Avrebbe compiuto 70 anni lo scorso l6 febbraio, Massimo Troisi. E nei giorni scorsi l’attore napoletano è stato celebrato in diversi modi, quasi riscoperto, premiato anche con una laurea honoris causa all’Università Federico II di Napoli (in “Discipline della musica e dello spettacolo. Storia e teoria”). Un riconoscimento più che postumo, ma decisamente meritato dall’attore napoletano che – come spesso succede – è stato pienamente apprezzato dalla critica e in generale, con un po’ di ritardo. Lui stesso aveva scelto una via impervia per realizzare il suo progetto artistico e di vita, senza nascondere l’identità territoriale ma anzi sottolineando l’appartenenza partenopea. E l’uso del dialetto senza filtri aveva ostacolato il suo cammino. Nelle rievocazioni viste recentemente – tra tutte quella sulla Rai – emerge spesso questo dettaglio. Significativo un primo piano su Mastroianni che ammette, senza remore: «Mi sono trovato molto bene con Massimo, non capisco tutto quello che mi dice ma credo che siano belle cose». Una battuta rivelatrice. Ma per Troisi si trattava di una questione di principio, far passare quella cultura profondamente napoletana in contrapposizione al modello del nord, in una fase storica in cui questo divario era ancor più sentito che adesso.

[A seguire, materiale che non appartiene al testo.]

-- ===== src/Runners/Afterwards.antt =====
-- Claims of apps/api/apps/runners/scheduling.py leave the executions that have ended.
use Prim.Native.Nat.{ℕ, zero, suc}
use Prim.Native.String.{String}
use mathlib.Core.Path.{◌≡◌, refl, ap, subst, ◌∙◌}
use mathlib.Core.Logic.{inl, inr}
use mathlib.Core.Bool.{true}
use mathlib.Core.Option.{Option, none, some}
use mathlib.Core.List.{List, [], ◌∷◌, Memᴰ}
use native.Mathlib.Omega.{arith}
use runbook_platform.Prelude.Tests.{Bool-cases, Option-cases, if◌then◌else◌}
use runbook_platform.Prelude.Tables.{find_row, update_row, find_row-update_row_same}
use runbook_platform.Prelude.Keys.{HasKeys, update_row-HasKeys, find_row-Memᴰ}
use runbook_platform.Prelude.Effects.{Leaves, Leaves-rollback, leaves_rules}
use runbook_platform.Store.{World}
use runbook_platform.Changes.Transitions.{transition_change}
use runbook_platform.Changes.Dispatch.{
  expire_unbound_dispatch_for_execution, expire_dispatchable_change, cancel_undispatched,
  write_dispatch_cancelled,
}
use runbook_platform.Executions.Model.{Execution, execution_row}
use runbook_platform.Executions.Completion.{is_outcome}
use runbook_platform.Changes.Model.{change_row}
use runbook_platform.Runners.Model.{RunnerPool, pool_row, Runner}
use runbook_platform.Runners.Limits.{Verdict-cases, verdict_world}
use runbook_platform.Runners.Claims.{candidate_queued, Found, search_queue-Found}
use runbook_platform.Runners.Scheduling.{
  expire_if_needed, Verdict, retry, skip, take, judge, next_candidate, search_queue, is_queued,
  write_claim, has_lease, claim_found, claim_from_pool, attempt_claim, schedule_execution_claim,
}

-- The row `e` stands under `k` in a table of executions with unique keys.
pub record Holds (k : ℕ) (e : Execution) (w : World) : Type 0 where
  pub keys : HasKeys w.executions
  pub row : find_row k w.executions ≡ some e

-- The expiry of a queued execution's dispatch cancels that execution or writes none.
expire-executions :
    (c : Execution) (now : ℕ) (w : World)
    → is_queued c.status ≡ true
    → (expire_if_needed c now w).1.executions ≡ (
        if (expire_if_needed c now w).0
        then update_row c.id (write_dispatch_cancelled now) w.executions
        else w.executions)
unfolding expire_if_needed expire_unbound_dispatch_for_execution expire_dispatchable_change
    cancel_undispatched transition_change
expire-executions c now w waits = ground (arith, waits)

module _ (k : ℕ) (e : Execution) (ended : is_outcome e.status ≡ true) where
  -- A queued row of the table is another one.
  queued-apart :
      (c : Execution) (w : World)
      → Memᴰ c w.executions
      → is_queued c.status ≡ true
      → Holds k e w
      → c.id ≡ k
      → ⊥
  queued-apart c w m waits h same =
      let found = find_row-Memᴰ w.executions c h.keys m in
      let is : c ≡ e = ground (arith, found, ap (λ i. find_row i w.executions) same ∙ h.row) in
      ground (arith, waits, ended, ap (λ x. x.status) is)

  Holds-write :
      (c : Execution) (f : Execution → Execution) (w v : World)
      → ((x : Execution) → (f x).id ≡ x.id)
      → (c.id ≡ k → ⊥)
      → v.executions ≡ update_row c.id f w.executions
      → Holds k e w
      → Holds k e v
  Holds-write c f w v keeps apart written h = record {
    keys = rw written (update_row-HasKeys c.id f w.executions keeps h.keys);
    row = rw written (
        find_row-update_row_same k c.id f w.executions e keeps h.row (λ same. absurd (apart same)));
  }

  Holds-same : (w v : World) → v.executions ≡ w.executions → Holds k e w → Holds k e v
  Holds-same w v same h = record { keys = rw same h.keys; row = rw same h.row }

  Holds-judge :
      (pool : RunnerPool) (now : ℕ) (c : Execution) (w : World)
      → Memᴰ c w.executions
      → is_queued c.status ≡ true
      → Holds k e w
      → Holds k e (expire_if_needed c now w).1
  Holds-judge pool now c w m waits h = elim (Bool-cases (expire_if_needed c now w).0) [
    | inr same ↦
        Holds-same w (expire_if_needed c now w).1 (rw same at (expire-executions c now w waits)) h
    | inl gone ↦
        Holds-write c (write_dispatch_cancelled now) w (expire_if_needed c now w).1
          (λ x. unfold write_dispatch_cancelled in refl) (λ same. queued-apart c w m waits h same)
          (rw gone at (expire-executions c now w waits)) h
  ]

  verdict-Holds :
      (pool : RunnerPool) (now : ℕ) (c : Execution) (w : World) (v : Verdict)
      → judge pool now c w ≡ v
      → Holds k e (expire_if_needed c now w).1
      → Holds k e (verdict_world v)
  unfolding judge
  verdict-Holds pool now c w v h x =
      let same : (expire_if_needed c now w).1 ≡ verdict_world v = ground (arith, h) in
      subst (λ u. Holds k e u) same x

  search_queue-Holds :
      (rounds : ℕ) (runner : Runner) (pool : RunnerPool) (now : ℕ) (ids : List ℕ) (w : World)
      → Holds k e w
      → Holds k e (search_queue rounds runner pool now ids w).1
  unfolding search_queue
  search_queue-Holds zero runner pool now ids w h = h
  search_queue-Holds (suc rounds) runner pool now ids w h =
      elim (Option-cases (next_candidate runner.organization_id ids w)) [
        | inl n ↦ rw (n, search_queue) h
        | inr (c, n) ↦
            let (listed, waits, own) = candidate_queued runner.organization_id ids w c n in
            let x = Holds-judge pool now c w listed waits h in
            rw (n, search_queue)
              (elim (Verdict-cases (judge pool now c w)) [
                | inl (v, j) ↦ rw j (
                    search_queue-Holds rounds runner pool now ids v
                      (verdict-Holds pool now c w (retry v) j x))
                | inr (inl (v, j)) ↦ rw j (
                    search_queue-Holds rounds runner pool now (c.id ∷ ids) v
                      (verdict-Holds pool now c w (skip v) j x))
                | inr (inr (v, j)) ↦ rw j (verdict-Holds pool now c w (take v) j x)
              ])
      ]

  module _ (runner : Runner) (n now : ℕ) (token : String) where
    found-Holds :
        (pool : RunnerPool) (w : World) (found : Option Execution × World)
        → Holds k e found.1
        → Found runner pool now w found
        → Leaves (Holds k e) (claim_found runner pool now token found)
    unfolding claim_found Found
    found-Holds pool w (none, v) h f = record { leaves = h }
    found-Holds pool w (some c, v) h (expiries, suits) =
        let claimed = update_row c.id (write_claim runner pool now token) v.executions in
        let x =
          Holds-write c (write_claim runner pool now token) v (record v { executions = claimed })
            (λ y. unfold write_claim in refl)
            (λ same. queued-apart c v suits.listed suits.queued_yet h same) refl h in
        record {
          leaves = elim (Bool-cases (has_lease c.id v)) [
            | inl t ↦ rw t x
            | inr t ↦ rw t (record { keys = x.keys; row = x.row })
          ];
        }

    pool-Holds :
        (w : World) (o : Option RunnerPool)
        → Holds k e w
        → Leaves (Holds k e) (claim_from_pool runner n now token o w)
    unfolding claim_from_pool
    pool-Holds w none h = search (leaves_rules, h)
    pool-Holds w (some pool) h = search (
      leaves_rules,
      h,
      found-Holds pool w (search_queue 50 runner pool now [] w)
          (search_queue-Holds 50 runner pool now [] w h)
          (search_queue-Found runner pool now 50 [] w),
    )

    attempt-Holds :
        (w : World) → Holds k e w → Leaves (Holds k e) (attempt_claim runner n now token w)
    unfolding attempt_claim
    attempt-Holds w h = search (leaves_rules, h, pool-Holds w (find_row runner.pool_id w.pools) h)

    pub schedule_execution_claim-Holds :
        (w : World) → Holds k e w → Holds k e (schedule_execution_claim runner n now token w).1
    unfolding schedule_execution_claim
    schedule_execution_claim-Holds w h =
        (Leaves-rollback w (attempt_claim runner n now token w) h (attempt-Holds w h)).leaves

Ma ciò che è meno risaputo, probabilmente, è quanto Troisi abbia dovuto lottare nella vita per affermarsi. Nato in una famiglia molto numerosa (papà Alfredo ferroviere e mamma Elena casalinga) condivideva l’appartamento anche con altri parenti. Fin da piccolo Massimo deve fare i conti con una patologia invalidante, una degenerazione della valvola mitrale. A teatro ci arriva quasi casualmente. Quando ha 17 anni la morte della madre avviene in circostanze drammatiche ed è un trauma, ma in qualche modo arricchisce la sua verve comica. Nel 1976 si sottopone a un intervento alla valvola mitrale, a Houston, reso possibile da una colletta organizzata dal quotidiano Il Mattino di Napoli. Da lì in avanti si sviluppa la sua carriera, ma 17 anni (i numeri…) dopo un nuovo intervento negli Stati Uniti non si rivela risolutivo come aveva sperato, e la sua salute comincia a peggiorare. Sono trascorsi due giorni dal termine delle riprese di “Il postino”, quando Troisi muore. Attratto da donne fascinose, aveva condiviso un lungo amore con la sceneggiatrice dei suoi film, la scrittrice piemontese – nata a Borgomanero e torinese d’adozione – Anna Pavignano che, come lei stessa ha rivelato in una recente intervista al Corriere della Sera, a Massimo insegnò la classica frase «Dui puvrun bagnà n’t l’oli». Facile immaginare l’esito…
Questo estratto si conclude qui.